Oxford Science Enterprises
- Formerly: Oxford Sciences Innovation (OSI)
- Company type: Private company
- Industry: Venture Capital
- Predecessor: IP Group
- Founded: 2015; 11 years ago
- Founder: David Norwood and Oxford University
- Headquarters: Oxford, United Kingdom
- Area served: Oxford
- Key people: Ed Bussey (CEO); David Norwood (cofounder);
- AUM: $800M (2022)
- Website: oxfordscienceenterprises.com

= Oxford Science Enterprises =

Venture Capital Firm in Oxford, United Kingdom

Oxford Science Enterprises (OSE) (Previously known as Oxford Sciences Innovation) is a British early-stage venture capital firm with over $800M in AUM based in Oxford, UK. It operates in partnership with the University of Oxford, as the university's preferred investor, several prominent financiers back the firm, including Google Ventures, Sequoia Capital, Tencent, Huawei and Invesco.

The firm uses academic research from the university's science departments to form commercial businesses, also known as spin-outs.

== History ==
The company was founded as Oxford Sciences Innovation (OSI) in 2015 by David Norwood, who was previously the founder of the IP Group, which initially invested only in spinoffs from the university's chemistry department. Oxford Sciences Enterprises initially raised £600m from investors, which included Lansdowne Partners and Google Ventures. Google Ventures partners Tom Hulme and Dr Krishna Yeshwant also joined OSI's advisory board, along with Google AI researcher Demis Hassabis, founder of DeepMind.

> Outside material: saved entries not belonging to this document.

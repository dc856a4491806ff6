-- ===== src/I18n/EnSite.antt =====
-- The English messages, web/src/lib/i18n/messages/en.ts, the first sections.
use uni_llm.I18n.Shape.{
  CalculatorMessages, CommonMessages, DashboardMessages, HomeFeaturesMessages, HomeMessages,
  LocaleMessages, LoginMessages, ModelsMessages, NavMessages, ThemeMessages,
}

abbrev pub en_nav : NavMessages
en_nav = record {
  models = "Models";
  playground = "Playground";
  docs = "Docs";
  calculator = "Calculator";
  sign_in = "Sign In";
  dashboard = "Dashboard";
  logout = "Logout";
}

abbrev pub en_theme : ThemeMessages
en_theme = record {
  switch_to_light = "Switch to light mode";
  switch_to_dark = "Switch to dark mode";
}

abbrev pub en_locale : LocaleMessages
en_locale = record { label = "Language" }

abbrev pub en_home_features : HomeFeaturesMessages
en_home_features = record {
  openai = record {
    title = "OpenAI Compatible";
    description =
        "Drop-in replacement for the OpenAI SDK. Just change the base URL and you're ready to go.";
  };
  pricing = record {
    title = "Transparent Pricing";
    description =
        "Pay only for tokens used. See costs in real-time on your dashboard with per-request breakdowns.";
  };
  multi_vendor = record {
    title = "Multi-Vendor";
    description =
        "Access Anthropic, Google, DeepSeek, and more from a single API key. No separate accounts needed.";
  };
  failover = record {
    title = "Built-in Failover";
    description =
        "Auto-retry with circuit breaker protection. Your app stays up even when providers go down.";
  };
  dashboard = record {
    title = "Real-time Dashboard";
    description =
        "Monitor usage, costs, and latency live. Track every request with detailed logging.";
  };
  dev_first = record {
    title = "Developer First";
    description =
        "Full API docs, interactive playground, and SDK support. Ship faster with tools built for devs.";
  };
}

abbrev pub en_home : HomeMessages
en_home = record {
  hero_title = "One API for All Leading";
  hero_title_highlight = "AI Models";
  hero_subtitle =
      "Access Claude, Gemini, DeepSeek and more through a single OpenAI-compatible API. No vendor lock-in, transparent pricing, instant setup.";
  get_started = "Get Started Free";
  view_models = "View Models";
  terminal = "Terminal";
  stats_models = "Models";
  stats_vendors = "Vendors";
  stats_uptime = "Uptime";
  stats_latency = "Latency";
  features_title = "Everything You Need";
  features_subtitle =
      "A complete platform to integrate AI models into your product, without the complexity.";
  models_title = "Available Models";
  models_subtitle =
      "Access the best models from every major provider, all through one consistent API.";
  loading_models = "Loading models...";
  no_models = "No models available at the moment.";
  view_all_models = "View All Models";
  input = "Input";
  output = "Output";
  per_million = "/1M";
  pricing_title = "Simple, Transparent Pricing";
  pricing_subtitle = "Pay per token. No monthly fees. No minimums.";
  pricing_model = "Model";
  pricing_input = "Input / 1M tokens";
  pricing_output = "Output / 1M tokens";
  pricing_loading = "Pricing data loading...";
  start_free_credit = "Start with $1 Free Credit";
  footer = "Built for developers.";
  features = en_home_features;
}

abbrev pub en_login : LoginMessages
en_login = record {
  tagline = "One API for all leading AI models";
  sign_in = "Sign In";
  create_account = "Create Account";
  name = "Name";
  email = "Email";
  password = "Password";
  name_placeholder = "Your name";
  email_placeholder = "you@example.com";
  password_placeholder = "Min 8 characters";
  loading = "...";
  has_account = "Already have an account?";
  no_account = "Don't have an account?";
  register = "Register";
  failed = "Failed";
}

abbrev pub en_models : ModelsMessages
en_models = record {
  title = "Model Marketplace";
  subtitle =
      "{count} models available across {vendors} vendors. All accessible via a single OpenAI-compatible API.";
  search_placeholder = "Search models...";
  all_vendors = "All Vendors";
  all_capabilities = "All Capabilities";
  vision = "Vision";
  tools = "Function Calling";
  streaming = "Streaming";
  loading = "Loading models...";
  no_results = "No models match your filters.";
  input = "Input";
  output = "Output";
  max_tokens = "Max Tokens";
  quick_start = "Quick Start";
}

abbrev pub en_calculator : CalculatorMessages
en_calculator = record {
  title = "Cost Calculator";
  subtitle = "Estimate your API costs based on expected usage";
  select_model = "Model";
  input_tokens_per_request = "Input tokens per request";
  output_tokens_per_request = "Output tokens per request";
  requests_per_day = "Requests per day";
  cost_per_request = "Cost per Request";
  daily_cost = "Daily Cost";
  monthly_cost = "Monthly Cost (30d)";
  yearly_cost = "Yearly Cost (365d)";
  compare_title = "Model Comparison (sorted by cost)";
  col_model = "Model";
  col_vendor = "Vendor";
  col_input = "Input $/1M";
  col_output = "Output $/1M";
  col_per_request = "Cost/Request";
  col_daily = "Daily Cost";
  col_monthly = "Monthly Cost";
  loading = "Loading models...";
}

abbrev pub en_common : CommonMessages
en_common = record {
  loading = "Loading...";
  failed = "Failed";
  delete = "Delete";
  create = "Create";
  enable = "Enable";
  disable = "Disable";
  active = "active";
  disabled = "disabled";
  action = "Action";
  status = "Status";
  confirm_delete_key = "Delete this API key?";
}

abbrev pub en_dashboard : DashboardMessages
en_dashboard = record {
  balance = "Balance";
  tabs = record { overview = "Overview"; logs = "Logs"; keys = "API Keys"; settings = "Settings" };
  stats = record {
    total_requests = "Total Requests";
    total_tokens = "Total Tokens";
    total_cost = "Total Cost";
    today_cost = "Today Cost";
    avg_latency = "Avg Latency";
    success_rate = "Success Rate";
  };
  usage_trend = "USAGE TREND";
  usage_by_model = "USAGE BY MODEL";
  no_usage = "No usage yet";
  recent_requests = "RECENT REQUESTS";
  api_keys = "API KEYS";
  key_name_placeholder = "Key name (e.g. production)";
  key_created_hint = "Key created! Copy it now — it won't be shown again.";
  no_api_keys = "No API keys yet";
  col_name = "Name";
  col_key = "Key";
  col_scope = "Scope";
  col_created = "Created";
  change_password = "CHANGE PASSWORD";
  current_password = "Current password";
  new_password = "New password (min 8 characters)";
  update_password = "Update Password";
  password_changed = "Password changed successfully";
  chart_daily_requests = "Daily Requests (last 30 days)";
  chart_daily_cost = "Daily Cost (last 30 days)";
}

Charles Conn, previously CEO of the Rhodes Trust and former McKinsey partner, was appointed CEO in March 2019. Former Google CFO Patrick Pichette joined him as Chair of the board. However, Conn departed in November 2019 and Pichette shortly after. OSI's CFO became acting CEO until the appointment of Alexis Dormandy, another former McKinsey partner, in October 2020

In July 2019, The company announced an investment from Chinese telecommunications company Huawei of £4.1m in OSI shares (approximately 0.7% of the total fund).

In September 2023 Ed Bussey was named CEO of the company, and at the same time Jack Edmondson was appointed to the newly created role of CIO.

== Structure ==
OSE is structured differently from other venture capital firms, being an evergreen patient capital, privately held company and not bound by a limited partnership agreement. As such, the company holds long-term investments, pursuing a patient capital model. OSE differentiates itself from classic venture firms because of its relationship with the university. Unlike most university-linked venture firms, Oxford University is a shareholder in the company, with OSE, in most cases, receiving half of the university's equity stake in the spinout.

OSE works with the university's technology transfer office, Oxford University Innovation, which helps manage the intellectual property and patent estate of the university.